▸ **The task**
In the records below, begin at the line that has "let more = and_then (volume_from" and stop after the line that has "-- Behind the initialization."; quote those lines verbatim and nothing more.
Segment Start: Records for this task
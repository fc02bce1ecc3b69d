-- ===== src/Volume/Sndio.antt =====
-- components/volume.c, as it is built on BSD systems: the controls that sndio describes. libsndio is
-- what its calls return and the callbacks that it makes meanwhile.

pub mod Controls
pub mod Polls
pub mod Range
use slstatus.Prelude.{
  ℕ, ◌+◌, ◌*◌, ◌/◌, ◌%◌, ◌^◌, Bool, true, false, not, ◌&&◌, List, [], ◌∷◌, ◌++◌, Option, none, some,
  ◌==◌, if◌then◌else◌,
}
use slstatus.Prelude.Int.{ℤ, pos, ltb_ℤ}
use slstatus.Prelude.Text.{Text, lit, text_eq}
use slstatus.Stdio.Format.{int}
use slstatus.Stdio.Scan.{wrap_int}
use slstatus.Util.{World, bprintf, warn}

-- `none` is a crash.
abbrev pub and_then : {A B : Type 0} → Option A → (A → Option B) → Option B
and_then none f = none
and_then (some a) f = f a

-- CTRL_LEVEL and CTRL_MUTE; no control of the list has CTRL_NONE.
pub data Kind : Type 0 where
  level : Kind
  mute : Kind

-- `struct control`, with numbers of 32 bits.
pub record Control : Type 0 where
  pub addr : ℕ
  pub type : Kind
  pub maxval : ℕ
  pub val : ℕ

-- The types SIOCTL_NUM and SIOCTL_SW, or another one.
pub data DescType : Type 0 where
  num : DescType
  sw : DescType
  other : DescType

-- `struct sioctl_desc`
pub record Desc : Type 0 where
  pub addr : ℕ
  pub type : DescType
  pub func : Text
  pub group : Text
  pub node : Text
  pub maxval : ℕ

-- The list without the first control of an address.
unfoldable pub delete : ℕ → List Control → List Control
delete addr [] = []
delete addr (c ∷ controls) =
    let more = delete addr controls in if addr == c.addr then controls else c ∷ more

-- The type of the control for a description, if it has one.
unfoldable pub kind_of : DescType → Text → Option Kind
kind_of num func = if text_eq func (lit "level") then some level else none
kind_of sw func = if text_eq func (lit "mute") then some mute else none
kind_of other func = none

-- `desc->group[0] != 0 || strcmp(desc->node0.name, "output") != 0`
abbrev is_output : Desc → Bool
is_output d = text_eq d.group [] && text_eq d.node (lit "output")

-- Behind the deletion: `malloc` tells whether it returns memory.
add_control : (malloc : Bool) → Desc → ℕ → Option Kind → List Control → World → List Control × World
add_control malloc d val none controls w = (controls, w)
add_control malloc d val (some kind) controls w =
    if malloc
    then (record { addr = d.addr; type = kind; maxval = d.maxval; val = val } ∷ controls, w)
    else (controls, warn (lit "sndio: failed to allocate audio control\n") [] w)

unfoldable pub ondesc :
    (malloc : Bool) → Option Desc → (val : ℕ) → List Control → World → List Control × World
unfolding delete kind_of add_control
ondesc malloc none val controls w = (controls, w)
ondesc malloc (some d) val controls w =
    add_control malloc d val (if is_output d then kind_of d.type d.func else none)
      (delete d.addr controls) w

-- A write through NULL where no control has the address.
unfoldable pub onval : (addr val : ℕ) → List Control → Option (List Control)
onval addr val [] = none
onval addr val (c ∷ controls) =
    let more = and_then (onval addr val controls) (λ controls'. some (c ∷ controls')) in
    if c.addr == addr then some (record c { val = val } ∷ controls) else more

-- A call of one of the two callbacks.
pub data Event : Type 0 where
  described : (malloc : Bool) → Option Desc → (val : ℕ) → Event
  changed : (addr val : ℕ) → Event

-- What libsndio's calls return in `init`, and the descriptions that it makes known there.
pub record Answers : Type 0 where
  pub opens : Bool
  pub ondesc : Bool
  pub onval : Bool
  pub calloc : Bool
  pub known : List Event

-- What they return in the poll, and the callbacks made in `sioctl_revents`.
pub record Poll : Type 0 where
  pub pollfd : ℤ
  pub poll : ℤ
  pub hup : Bool
  pub events : List Event

-- The file-scope variables; of the two pointers, whether they are set.
pub record Sndio : Type 0 where
  pub controls : List Control
  pub pfds : Bool
  pub hdl : Bool
  pub initialized : Bool

-- One callback.
unfoldable pub call_back : Event → List Control → World → Option (List Control × World)
unfolding ondesc onval
call_back (described malloc d val) controls w = some (ondesc malloc d val controls w)
call_back (changed addr val) controls w =
    and_then (onval addr val controls) (λ controls'. some (controls', w))

unfoldable pub call_all : List Event → List Control → World → Option (List Control × World)
unfolding call_back
call_all [] controls w = some (controls, w)
call_all (e ∷ events) controls w =
    and_then (call_back e controls w) (λ (r : List Control × World). call_all events r.0 r.1)

unfoldable pub cleanup : Sndio → Sndio
cleanup s = record s { controls = []; pfds = false; hdl = false }

-- `init` behind `sioctl_open`, with what the callbacks have left.
finish_init : Answers → Sndio → List Control × World → Option (Bool × Sndio × World)
unfolding cleanup
finish_init k s (controls, w) =
    let s' = record s { controls = controls } in
    if not k.ondesc
    then some (false, cleanup s', warn (lit "sndio: cannot set control description call-back") [] w)
    else if not k.onval
    then some (false, cleanup s', warn (lit "sndio: cannot set control values call-back") [] w)
    else if not k.calloc
    then some (false, cleanup s', warn (lit "sndio: cannot allocate pollfd structures") [] w)
    else some (true, record s' { pfds = true }, w)

unfoldable pub init : Answers → Sndio → World → Option (Bool × Sndio × World)
unfolding cleanup finish_init call_all
init k s w =
    let opened = record s { hdl = true } in
    let more = and_then (call_all k.known s.controls w) (finish_init k opened) in
    if k.opens
    then more
    else some
        (false, cleanup (record s { hdl = false }), warn (lit "sndio: cannot open device") [] w)

-- `v`, from unsigned to int. A division by zero is a crash too.
unfoldable pub level_of : Control → Option ℤ
level_of c =
    if c.maxval == 0
    then none
    else some (wrap_int ((c.val * 100 % 2 ^ 32 + c.maxval / 2) % 2 ^ 32 / c.maxval))

abbrev smaller : ℤ → ℤ → ℤ
smaller v value = if ltb_ℤ v value then v else value

-- The loop of `vol_perc` over the controls that are left.
unfoldable pub volume_from : ℤ → List Control → Option ℤ
unfolding level_of
volume_from value [] = some value
volume_from value (c ∷ controls) = elim c.type [
  | mute ↦ elim (c.val == 1) [
    | true ↦ volume_from (pos 0) controls
    | false ↦ volume_from value controls
  ]
  | level ↦ and_then (level_of c) (λ v. volume_from (smaller v value) controls)
]

print_volume : Sndio → World → ℤ → Option (Option Text × Sndio × World)
print_volume s w value = let (res, w') = bprintf (lit "%d") (int value ∷ []) w in some (res, s, w')

-- Behind `sioctl_revents`.
look_at : Poll → Sndio → List Control × World → Option (Option Text × Sndio × World)
unfolding cleanup volume_from print_volume
look_at p s (controls, w) =
    let s' = record s { controls = controls } in
    let more = and_then (volume_from (pos 100) controls) (print_volume s' w) in
    if p.hup
    then some
        (none, record (cleanup s') { initialized = false }, warn (lit "sndio: disconnected") [] w)
    else more

-- Behind the initialization.
poll_controls : Poll → Bool × Sndio × World → Option (Option Text × Sndio × World)
unfolding look_at
poll_controls p (ok, s, w) =
    let s' = record s { initialized = ok } in
    let polled = and_then (call_all p.events s.controls w) (look_at p s') in
    let quiet = and_then (volume_from (pos 100) s.controls) (print_volume s' w) in
    if not s.hdl
    then some (none, s', w)
    else if ltb_ℤ (pos 0) p.pollfd && ltb_ℤ (pos 0) p.poll
    then polled
    else quiet

unfoldable pub vol_perc : Answers → Poll → Sndio → World → Option (Option Text × Sndio × World)
unfolding init poll_controls
vol_perc k p s w =
    and_then (if s.initialized then some (true, s, w) else init k s w) (poll_controls p)
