-- ===== src/Volume/Sndio/Controls.antt =====
-- The addresses of the controls in components/volume.c.
use slstatus.Prelude.{
  ℕ, ◌≡◌, Bool, true, false, List, [], ◌∷◌, Option, none, some, ◌==◌, arith, if◌then◌else◌,
  Bool-cases, inl, inr, All,
}
use slstatus.Util.{World}
use slstatus.Volume.Sndio.{
  Kind, Control, Desc, delete, is_output, kind_of, add_control, ondesc, onval, Event, described,
  changed, call_back, call_all, and_then,
}

abbrev IsOther : ℕ → Control → Type 0
IsOther addr c = (c.addr == addr) ≡ false

-- No two controls of the list have the same address.
abbrev pub AreDistinct : List Control → Type 0
AreDistinct [] = Unit
AreDistinct (c ∷ controls) = All (IsOther c.addr) controls × AreDistinct controls

-- `P` holds of the value of an option, if there is one.
abbrev pub Holds : {A : Type 0} → (A → Type 0) → Option A → Type 0
Holds P none = Unit
Holds P (some a) = P a

pub Holds-if :
    {A : Type 0} (P : A → Type 0) (b : Bool) (o o' : Option A)
    → Holds P o
    → Holds P o'
    → Holds P (if b then o else o')
Holds-if P true o o' h h' = h
Holds-if P false o o' h h' = h'

delete-IsOther :
    (a addr : ℕ) (controls : List Control)
    → All (IsOther a) controls
    → All (IsOther a) (delete addr controls)
unfolding delete
delete-IsOther a addr [] h = tt
delete-IsOther a addr (c ∷ controls) h = elim (Bool-cases (addr == c.addr)) [
  | inl e ↦ rw e h.1
  | inr e ↦ rw e (h.0, delete-IsOther a addr controls h.1)
]

delete-AreDistinct :
    (addr : ℕ) (controls : List Control) → AreDistinct controls → AreDistinct (delete addr controls)
unfolding delete
delete-AreDistinct addr [] h = tt
delete-AreDistinct addr (c ∷ controls) h = elim (Bool-cases (addr == c.addr)) [
  | inl e ↦ rw e h.1
  | inr e ↦ rw e (delete-IsOther c.addr addr controls h.0, delete-AreDistinct addr controls h.1)
]

same_IsOther :
    (a b : ℕ) (controls : List Control)
    → (a == b) ≡ true
    → All (IsOther b) controls
    → All (IsOther a) controls
same_IsOther a b [] e h = tt
same_IsOther a b (c ∷ controls) e h = (ground (arith, h.0), same_IsOther a b controls e h.1)

-- Of an address that was in the list once, none is left.
delete-gone :
    (addr : ℕ) (controls : List Control)
    → AreDistinct controls
    → All (IsOther addr) (delete addr controls)
unfolding delete
delete-gone addr [] h = tt
delete-gone addr (c ∷ controls) h = elim (Bool-cases (addr == c.addr)) [
  | inl e ↦ rw e (same_IsOther addr c.addr controls e h.0)
  | inr e ↦ rw e (ground arith, delete-gone addr controls h.1)
]

add_control-AreDistinct :
    (malloc : Bool) (d : Desc) (val : ℕ) (kind : Option Kind) (controls : List Control) (w : World)
    → All (IsOther d.addr) controls
    → AreDistinct controls
    → AreDistinct (add_control malloc d val kind controls w).0
unfolding add_control
add_control-AreDistinct malloc d val none controls w o h = h
add_control-AreDistinct true d val (some kind) controls w o h = (o, h)
add_control-AreDistinct false d val (some kind) controls w o h = h

ondesc-AreDistinct :
    (malloc : Bool) (d : Option Desc) (val : ℕ) (controls : List Control) (w : World)
    → AreDistinct controls
    → AreDistinct (ondesc malloc d val controls w).0
unfolding ondesc
ondesc-AreDistinct malloc none val controls w h = h
ondesc-AreDistinct malloc (some d) val controls w h =
    add_control-AreDistinct malloc d val (if is_output d then kind_of d.type d.func else none)
      (delete d.addr controls) w (delete-gone d.addr controls h)
      (delete-AreDistinct d.addr controls h)

pub Holds-and_then :
    {A B : Type 0} (Q : A → Type 0) (P : B → Type 0) (o : Option A) (f : A → Option B)
    → ((a : A) → Q a → Holds P (f a))
    → Holds Q o
    → Holds P (and_then o f)
Holds-and_then Q P none f k h = tt
Holds-and_then Q P (some a) f k h = k a h

-- A new value leaves the addresses as they are.
onval-IsOther :
    (a addr val : ℕ) (controls : List Control)
    → All (IsOther a) controls
    → Holds (All (IsOther a)) (onval addr val controls)
unfolding onval
onval-IsOther a addr val [] h = tt
onval-IsOther a addr val (c ∷ controls) h = Holds-if (All (IsOther a)) (c.addr == addr) _ _ h (
    Holds-and_then (All (IsOther a)) (All (IsOther a)) (onval addr val controls) _
      (λ cs hs. (h.0, hs)) (onval-IsOther a addr val controls h.1))

both :
    (P Q : List Control → Type 0) (o : Option (List Control))
    → Holds P o
    → Holds Q o
    → Holds (λ cs. P cs × Q cs) o
both P Q none p q = tt
both P Q (some cs) p q = (p, q)

onval-AreDistinct :
    (addr val : ℕ) (controls : List Control)
    → AreDistinct controls
    → Holds AreDistinct (onval addr val controls)
unfolding onval
onval-AreDistinct addr val [] h = tt
onval-AreDistinct addr val (c ∷ controls) h = Holds-if AreDistinct (c.addr == addr) _ _ h (
    Holds-and_then (λ cs. All (IsOther c.addr) cs × AreDistinct cs) AreDistinct
      (onval addr val controls) _ (λ cs hs. hs)
      (both (All (IsOther c.addr)) AreDistinct (onval addr val controls)
        (onval-IsOther c.addr addr val controls h.0) (onval-AreDistinct addr val controls h.1)))

call_back-AreDistinct :
    (e : Event) (controls : List Control) (w : World)
    → AreDistinct controls
    → Holds (λ r. AreDistinct r.0) (call_back e controls w)
unfolding call_back
call_back-AreDistinct (described malloc d val) controls w h =
    ondesc-AreDistinct malloc d val controls w h
call_back-AreDistinct (changed addr val) controls w h =
    Holds-and_then AreDistinct _ (onval addr val controls) _ (λ cs hs. hs)
      (onval-AreDistinct addr val controls h)

-- Whatever callbacks libsndio makes, in any order, no two controls have the same address.
pub call_all-AreDistinct :
    (events : List Event) (controls : List Control) (w : World)
    → AreDistinct controls
    → Holds (λ r. AreDistinct r.0) (call_all events controls w)
unfolding call_all
call_all-AreDistinct [] controls w h = h
call_all-AreDistinct (e ∷ events) controls w h =
    Holds-and_then (λ r. AreDistinct r.0) _ (call_back e controls w) _
      (λ r hr. call_all-AreDistinct events r.0 r.1 hr) (call_back-AreDistinct e controls w h)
Segment End: Records for this task
▸ **Task solution**
    let more = and_then (volume_from (pos 100) controls) (print_volume s' w) in
    if p.hup
    then some
        (none, record (cleanup s') { initialized = false }, warn (lit "sndio: disconnected") [] w)
    else more

-- Behind the initialization.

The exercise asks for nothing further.